* _EXERCISE_: Copy out every line of the records where the string "later" occurs.

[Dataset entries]

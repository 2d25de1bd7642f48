-- ===== src/References/Freed.antt =====
-- The Lua references that query data holds before and after it is finished, src/mysql/IQuery.cpp and
-- Transaction.cpp.
use my_sqloo.Base.{
  ℕ, ◌≡◌, refl, ap, sym, subst, ◌∙◌, true, List, [], ◌∷◌, arith, ◌==◌, if◌then◌else◌, contains,
  Bool-cases, inl, inr,
}
use my_sqloo.IQuery.{finish_query_data}
use my_sqloo.Objects.{IQueryData, State}
use my_sqloo.References.{
  clear_references, free_if_set, free_references, finish_lua_data, finish_lua_all,
  finish_lua_transaction,
}

-- The data holds no reference.
pub record Cleared (v : IQueryData) : Type 0 where
  pub table : v.table_reference ≡ 0
  pub on_data : v.on_data_reference ≡ 0
  pub on_error : v.error_reference ≡ 0
  pub on_aborted : v.abort_reference ≡ 0
  pub on_success : v.success_reference ≡ 0

-- Nothing of the references of the data has changed.
pub record SameReferences (v w : IQueryData) : Type 0 where
  pub table : w.table_reference ≡ v.table_reference
  pub on_data : w.on_data_reference ≡ v.on_data_reference
  pub on_error : w.error_reference ≡ v.error_reference
  pub on_aborted : w.abort_reference ≡ v.abort_reference
  pub on_success : w.success_reference ≡ v.success_reference
  pub first : w.was_first_data ≡ v.was_first_data

pub SameReferences-refl : (v : IQueryData) → SameReferences v v
SameReferences-refl v = record {
  table = refl;
  on_data = refl;
  on_error = refl;
  on_aborted = refl;
  on_success = refl;
  first = refl;
}

clear_references-Cleared : (v : IQueryData) → Cleared (clear_references v)
unfolding clear_references
clear_references-Cleared v = record {
  table = refl;
  on_data = refl;
  on_error = refl;
  on_aborted = refl;
  on_success = refl;
}

abbrev pub data_of : List (ℕ × ℕ) → List ℕ
data_of [] = []
data_of ((query, d) ∷ rest) = d ∷ data_of rest

module _ {Lua : Type 0} (reference_free : ℕ → Lua → Lua) where
  free_references-Cleared :
      (v : IQueryData) (lua : Lua) → Cleared v → free_references reference_free v lua ≡ lua
  unfolding free_references free_if_set
  free_references-Cleared v lua c =
      rw (c.table, c.on_data, c.on_error, c.on_aborted, c.on_success) refl

module _ {World : Type 0} where
  abbrev pub AllCleared : List ℕ → State World → Type 0
  AllCleared ds s = (a : ℕ) → contains a ds ≡ true → Cleared (s.query_data a)

module _ {Lua World : Type 0} (reference_free : ℕ → Lua → Lua) where
  pub finish_lua_data_lem :
      (query d a : ℕ) (s : State World) (lua : Lua)
      → (finish_lua_data reference_free query d (s, lua)).0.query_data a
        ≡ (if d == a then clear_references (s.query_data a) else s.query_data a)
  unfolding finish_lua_data finish_query_data
  finish_lua_data_lem query d a s lua = ground arith

  -- Data that holds no reference, or is finished now, holds none afterwards.
  pub finish_lua_data-Cleared :
      (query d a : ℕ) (s : State World) (lua : Lua)
      → Cleared (s.query_data a)
      → Cleared ((finish_lua_data reference_free query d (s, lua)).0.query_data a)
  finish_lua_data-Cleared query d a s lua c = elim (Bool-cases (d == a)) [
    | inl e ↦
        rw (finish_lua_data_lem query d a s lua, e) (clear_references-Cleared (s.query_data a))
    | inr e ↦ rw (finish_lua_data_lem query d a s lua, e) c
  ]

  pub finish_lua_data-Cleared_self :
      (query d : ℕ) (s : State World) (lua : Lua)
      → Cleared ((finish_lua_data reference_free query d (s, lua)).0.query_data d)
  finish_lua_data-Cleared_self query d s lua =
      let same : (d == d) ≡ true = ground arith in
      rw (finish_lua_data_lem query d d s lua, same) (clear_references-Cleared (s.query_data d))

  finish_lua_data-idle :
      (query d : ℕ) (s : State World) (lua : Lua)
      → Cleared (s.query_data d)
      → (finish_lua_data reference_free query d (s, lua)).1 ≡ lua
  unfolding finish_lua_data finish_query_data
  finish_lua_data-idle query d s lua c =
      free_references-Cleared reference_free (s.query_data d) lua c

  pub finish_lua_all-Cleared :
      (qs : List (ℕ × ℕ)) (a : ℕ) (x : State World × Lua)
      → Cleared (x.0.query_data a)
      → Cleared ((finish_lua_all reference_free qs x).0.query_data a)
  unfolding finish_lua_all
  finish_lua_all-Cleared [] a x c = c
  finish_lua_all-Cleared ((query, d) ∷ rest) a (s, lua) c =
      finish_lua_all-Cleared rest a (finish_lua_data reference_free query d (s, lua))
        (finish_lua_data-Cleared query d a s lua c)

  finish_lua_all-AllCleared :
      (qs : List (ℕ × ℕ)) (x : State World × Lua)
      → AllCleared (data_of qs) (finish_lua_all reference_free qs x).0
  unfolding finish_lua_all
  finish_lua_all-AllCleared [] x a h = absurd (ground (arith, h))
  finish_lua_all-AllCleared ((query, d) ∷ rest) (s, lua) a h =
      let y = finish_lua_data reference_free query d (s, lua) in
      elim (Bool-cases (contains a (data_of rest))) [
        | inl e ↦ finish_lua_all-AllCleared rest y a e
        | inr e ↦
            let here : d ≡ a = ground (arith, h, e) in
            finish_lua_all-Cleared rest a y
              (rw (sym here) (finish_lua_data-Cleared_self query d s lua))
      ]

  finish_lua_all-idle :
      (qs : List (ℕ × ℕ)) (s : State World) (lua : Lua)
      → AllCleared (data_of qs) s
      → (finish_lua_all reference_free qs (s, lua)).1 ≡ lua
  unfolding finish_lua_all
  finish_lua_all-idle [] s lua c = refl
  finish_lua_all-idle ((query, d) ∷ rest) s lua c =
      let (t, later) = finish_lua_data reference_free query d (s, lua) in
      finish_lua_all-idle rest t later
        (λ a h. finish_lua_data-Cleared query d a s lua (c a (ground (arith, h))))
      ∙ finish_lua_data-idle query d s lua (c d (ground arith))

  finish_lua_data-queries :
      (query d a : ℕ) (s : State World) (lua : Lua)
      → ((finish_lua_data reference_free query d (s, lua)).0.query_data a).queries
        ≡ (s.query_data a).queries
  unfolding clear_references
  finish_lua_data-queries query d a s lua = ground (arith, finish_lua_data_lem query d a s lua)

  finish_lua_all-queries :
      (qs : List (ℕ × ℕ)) (a : ℕ) (x : State World × Lua)
      → ((finish_lua_all reference_free qs x).0.query_data a).queries ≡ (x.0.query_data a).queries
  unfolding finish_lua_all
  finish_lua_all-queries [] a x = refl
  finish_lua_all-queries ((query, d) ∷ rest) a (s, lua) =
      finish_lua_all-queries rest a (finish_lua_data reference_free query d (s, lua))
      ∙ finish_lua_data-queries query d a s lua

  -- After the data of a transaction was finished, neither that data nor the data of its queries
  -- holds a reference, and finishing it again frees nothing.
  pub finish_lua_transaction_lem :
      (query d : ℕ) (s : State World) (lua : Lua)
      → let x = finish_lua_transaction reference_free query d (s, lua) in
        Cleared (x.0.query_data d)
        × AllCleared (data_of (s.query_data d).queries) x.0
        × ((finish_lua_transaction reference_free query d x).1 ≡ x.1)
  unfolding finish_lua_transaction
  finish_lua_transaction_lem query d s lua =
      let (s', lua') = finish_lua_data reference_free query d (s, lua) in
      let qs = (s'.query_data d).queries in
      let (t, last) = finish_lua_all reference_free qs (s', lua') in
      let own : Cleared (t.query_data d) =
        finish_lua_all-Cleared qs d (s', lua') (finish_lua_data-Cleared_self query d s lua) in
      let all : AllCleared (data_of qs) t = finish_lua_all-AllCleared qs (s', lua') in
      let (u, freed) = finish_lua_data reference_free query d (t, last) in
      let same : (u.query_data d).queries ≡ qs =
        finish_lua_data-queries query d d t last ∙ finish_lua_all-queries qs d (s', lua') in
      (
        own,
        subst (λ r. AllCleared (data_of r) t) (finish_lua_data-queries query d d s lua) all,
        finish_lua_all-idle (u.query_data d).queries u freed (λ a h.
              finish_lua_data-Cleared query d a t last
                (all a (ap (λ r. contains a (data_of r)) (sym same) ∙ h)))
            ∙ finish_lua_data-idle query d t last own,
      )
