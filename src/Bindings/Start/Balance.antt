-- ===== src/Bindings/Start/Balance.antt =====
-- The references that a started query holds in Lua, and that its end gives back, src/lua/LuaIQuery.cpp and
-- src/mysql/IQuery.cpp.
use my_sqloo.Base.{
  ℕ, ◌+◌, ◌≤◌, ◌<◌, ◌≡◌, refl, Bool, true, false, String, List, [], ◌∷◌, arith, ◌==◌, if◌then◌else◌,
  count, Bool-cases, Option-cases, inl, inr,
}
use my_sqloo.Bindings.Start.{build_data, lua_start}
use my_sqloo.Callbacks.{reference_callbacks, reference_unless_set, get_function_reference}
use my_sqloo.Creation.{new_data, build_query_data, build_prepared_data, build_transaction_data}
use my_sqloo.IQuery.{start, add_query_data, finish_query_data}
use my_sqloo.LuaTransaction.Queries.{LuaTransaction, build_lua_data}
use my_sqloo.Objects.{
  query_kind, prepared_kind, transaction_kind, ping_kind, Kind, IQueryData, State,
}
use my_sqloo.Queue.{enqueue_query}
use my_sqloo.QueryData.{set_data}
use my_sqloo.References.{free_if_set, free_references, finish_lua_data}
use my_sqloo.References.Freed.{Cleared}

-- The registry of Lua: which references are live, each as often as it was created and not freed.
pub record Registered (Lua : Type 0) : Type 0 where
  pub reference_create : Lua → ℕ × Lua
  pub reference_free : ℕ → Lua → Lua
  pub live : Lua → List ℕ
  pub not_zero : (lua : Lua) → ((reference_create lua).0 == 0) ≡ false
  pub created :
      (lua : Lua) (r : ℕ)
      → count r (live (reference_create lua).1)
        ≡ (if (reference_create lua).0 == r then 1 else 0) + count r (live lua)
  pub freed :
      (x : ℕ) (lua : Lua) (r : ℕ)
      → 0 < count x (live lua)
      → count r (live (reference_free x lua)) + (if x == r then 1 else 0) ≡ count r (live lua)

-- Whether a field of the data is the reference.
abbrev pub one : ℕ → ℕ → ℕ
one r x = if x == 0 then 0 else if x == r then 1 else 0

abbrev pub held_each : ℕ → List ℕ → ℕ
held_each r [] = 0
held_each r (x ∷ xs) = one r x + held_each r xs

-- How often the data holds the reference.
abbrev pub held : ℕ → IQueryData → ℕ
held r v = held_each r (
    v.table_reference ∷ v.on_data_reference ∷ v.error_reference ∷ v.abort_reference
    ∷ v.success_reference ∷ [])

module _ {Lua : Type 0} (R : Registered Lua) where
  open R use {reference_create, reference_free, live, not_zero, created, freed}

  pub create_lem :
      (r : ℕ) (lua : Lua)
      → count r (live (reference_create lua).1)
        ≡ one r (reference_create lua).0 + count r (live lua)
  create_lem r lua = rw (not_zero lua) (created lua r)

  unless_set_lem :
      (is_function : String → Lua → Bool) (old : ℕ) (name : String) (r : ℕ) (lua : Lua)
      → old ≡ 0
      → let (x, lua') = reference_unless_set reference_create is_function old name lua in
        count r (live lua') ≡ one r x + count r (live lua)
  unfolding reference_unless_set get_function_reference
  unless_set_lem is_function old name r lua e = elim (Bool-cases (is_function name lua)) [
    | inl f ↦ rw (reference_unless_set, e, f) (create_lem r lua)
    | inr f ↦ rw (reference_unless_set, e, f) (omega arith)
  ]

  reference_callbacks_lem :
      (is_function : String → Lua → Bool) (v : IQueryData) (lua : Lua) (r : ℕ)
      → Cleared v
      → let (v', lua') = reference_callbacks reference_create is_function v lua in
        count r (live lua') ≡ held r v' + count r (live lua)
  unfolding reference_callbacks
  reference_callbacks_lem is_function v lua r c =
      let get = reference_unless_set reference_create is_function in
      let lua1 = (reference_create lua).1 in
      let lua2 = (get v.success_reference "onSuccess" lua1).1 in
      let lua3 = (get v.abort_reference "onAborted" lua2).1 in
      let lua4 = (get v.on_data_reference "onData" lua3).1 in
      omega (
        arith,
        create_lem r lua,
        unless_set_lem is_function v.success_reference "onSuccess" r lua1 c.on_success,
        unless_set_lem is_function v.abort_reference "onAborted" r lua2 c.on_aborted,
        unless_set_lem is_function v.on_data_reference "onData" r lua3 c.on_data,
        unless_set_lem is_function v.error_reference "onError" r lua4 c.on_error,
      )

  pub free_lem :
      (x r : ℕ) (lua : Lua)
      → one x x ≤ count x (live lua)
      → count r (live (free_if_set reference_free x lua)) + one r x ≡ count r (live lua)
  unfolding free_if_set
  free_lem x r lua h = elim (Bool-cases (x == 0)) [
    | inl e ↦ rw (free_if_set, e) (omega arith)
    | inr e ↦
        let self : (x == x) ≡ true = ground arith in
        let here : 0 < count x (live lua) = ground (arith, e, self, h) in
        rw (free_if_set, e) (freed x lua r here)
  ]

  free_each : List ℕ → Lua → Lua
  free_each [] lua = lua
  free_each (x ∷ xs) lua = free_each xs (free_if_set reference_free x lua)

  free_each_lem :
      (xs : List ℕ) (lua : Lua)
      → ((r : ℕ) → held_each r xs ≤ count r (live lua))
      → (r : ℕ) → count r (live (free_each xs lua)) + held_each r xs ≡ count r (live lua)
  unfolding free_each
  free_each_lem [] lua h r = omega arith
  free_each_lem (x ∷ xs) lua h r =
      let lua' = free_if_set reference_free x lua in
      let first : (r' : ℕ) → count r' (live lua') + one r' x ≡ count r' (live lua) =
        λ r'. free_lem x r' lua (omega (arith, h x)) in
      let later = free_each_lem xs lua' (λ r'. omega (arith, h r', first r')) r in
      omega (arith, first r, later)

  -- Freeing takes away each reference that the data holds, once.
  free_references_lem :
      (v : IQueryData) (lua : Lua)
      → ((r : ℕ) → held r v ≤ count r (live lua))
      → (r : ℕ)
      → count r (live (free_references reference_free v lua)) + held r v ≡ count r (live lua)
  unfolding free_references free_each
  free_references_lem v lua h r =
      free_each_lem
        (v.table_reference ∷ v.on_data_reference ∷ v.error_reference ∷ v.abort_reference
          ∷ v.success_reference ∷ [])
        lua h r

  new_data-Cleared : Cleared new_data
  unfolding new_data
  new_data-Cleared = record {
    table = refl;
    on_data = refl;
    on_error = refl;
    on_aborted = refl;
    on_success = refl;
  }

  module _ {World : Type 0} where
    build_data-Cleared :
        (kind : Kind) (t : LuaTransaction) (query : ℕ) (s : State World)
        → Cleared (build_data kind t query s).0
    unfolding build_data build_query_data build_prepared_data build_transaction_data build_lua_data
        new_data
    build_data-Cleared query_kind t query s = record {
      table = refl;
      on_data = refl;
      on_error = refl;
      on_aborted = refl;
      on_success = refl;
    }
    build_data-Cleared prepared_kind t query s = record {
      table = refl;
      on_data = refl;
      on_error = refl;
      on_aborted = refl;
      on_success = refl;
    }
    build_data-Cleared transaction_kind t query s = elim (Option-cases t.queries) [
      | inl e ↦ rw (build_data, build_lua_data, e) new_data-Cleared
      | inr (qs, e) ↦
          rw (build_data, build_lua_data, e)
            (record {
              table = refl;
              on_data = refl;
              on_error = refl;
              on_aborted = refl;
              on_success = refl;
            })
    ]
    build_data-Cleared ping_kind t query s = record {
      table = refl;
      on_data = refl;
      on_error = refl;
      on_aborted = refl;
      on_success = refl;
    }

    held-start :
        (r query d : ℕ) (v : IQueryData) (s : State World)
        → held r ((start query d (set_data d v s)).query_data d) ≡ held r v
    unfolding start add_query_data enqueue_query
    held-start r query d v s =
        let self : (d == d) ≡ true = ground arith in
        elim (Bool-cases (s.queries query).has_been_started) [
          | inl e ↦ rw (start, add_query_data, enqueue_query, e, self) refl
          | inr e ↦ rw (start, add_query_data, enqueue_query, e, self) refl
        ]

    -- After Lua started a query, what is live is what was live before and the references that its data
    -- holds. When that data is finished, whatever happened to Lua in between, as long as those references
    -- are still live besides others, each of them is freed once, and the others stay live.
    pub lua_start-balanced :
        (is_function : String → Lua → Bool) (t : LuaTransaction) (query d : ℕ) (s : State World)
        (lua : Lua)
        → let (s', lua') = lua_start reference_create is_function t query d (s, lua) in
          ((r : ℕ) → count r (live lua') ≡ held r (s'.query_data d) + count r (live lua))
          × ((later : Lua) (others : ℕ → ℕ)
              → ((r : ℕ) → count r (live later) ≡ held r (s'.query_data d) + others r)
              → (r : ℕ)
              → count r (live (finish_lua_data reference_free query d (s', later)).1) ≡ others r)
    unfolding lua_start finish_lua_data finish_query_data
    lua_start-balanced is_function t query d s lua =
        let (v, s1) = build_data (s.queries query).kind t query s in
        let (v', lua') = reference_callbacks reference_create is_function v lua in
        let s' = start query d (set_data d v' s1) in
        let kept : (r : ℕ) → held r (s'.query_data d) ≡ held r v' =
          λ r. held-start r query d v' s1 in
        (
          λ r. omega (
            arith,
            kept r,
            reference_callbacks_lem is_function v lua r
                (build_data-Cleared (s.queries query).kind t query s),
          ),
          λ later others h r. omega (
            arith,
            h r,
            free_references_lem (s'.query_data d) later (λ r'. omega (arith, h r')) r,
          ),
        )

* _TASK OUTPUT_:
      let (t, later) = finish_lua_data reference_free query d (s, lua) in
      finish_lua_all-idle rest t later
      let later = free_each_lem xs lua' (λ r'. omega (arith, h r', first r')) r in
      omega (arith, first r, later)
          × ((later : Lua) (others : ℕ → ℕ)
              → ((r : ℕ) → count r (live later) ≡ held r (s'.query_data d) + others r)
              → count r (live (finish_lua_data reference_free query d (s', later)).1) ≡ others r)
          λ later others h r. omega (
            free_references_lem (s'.query_data d) later (λ r'. omega (arith, h r')) r,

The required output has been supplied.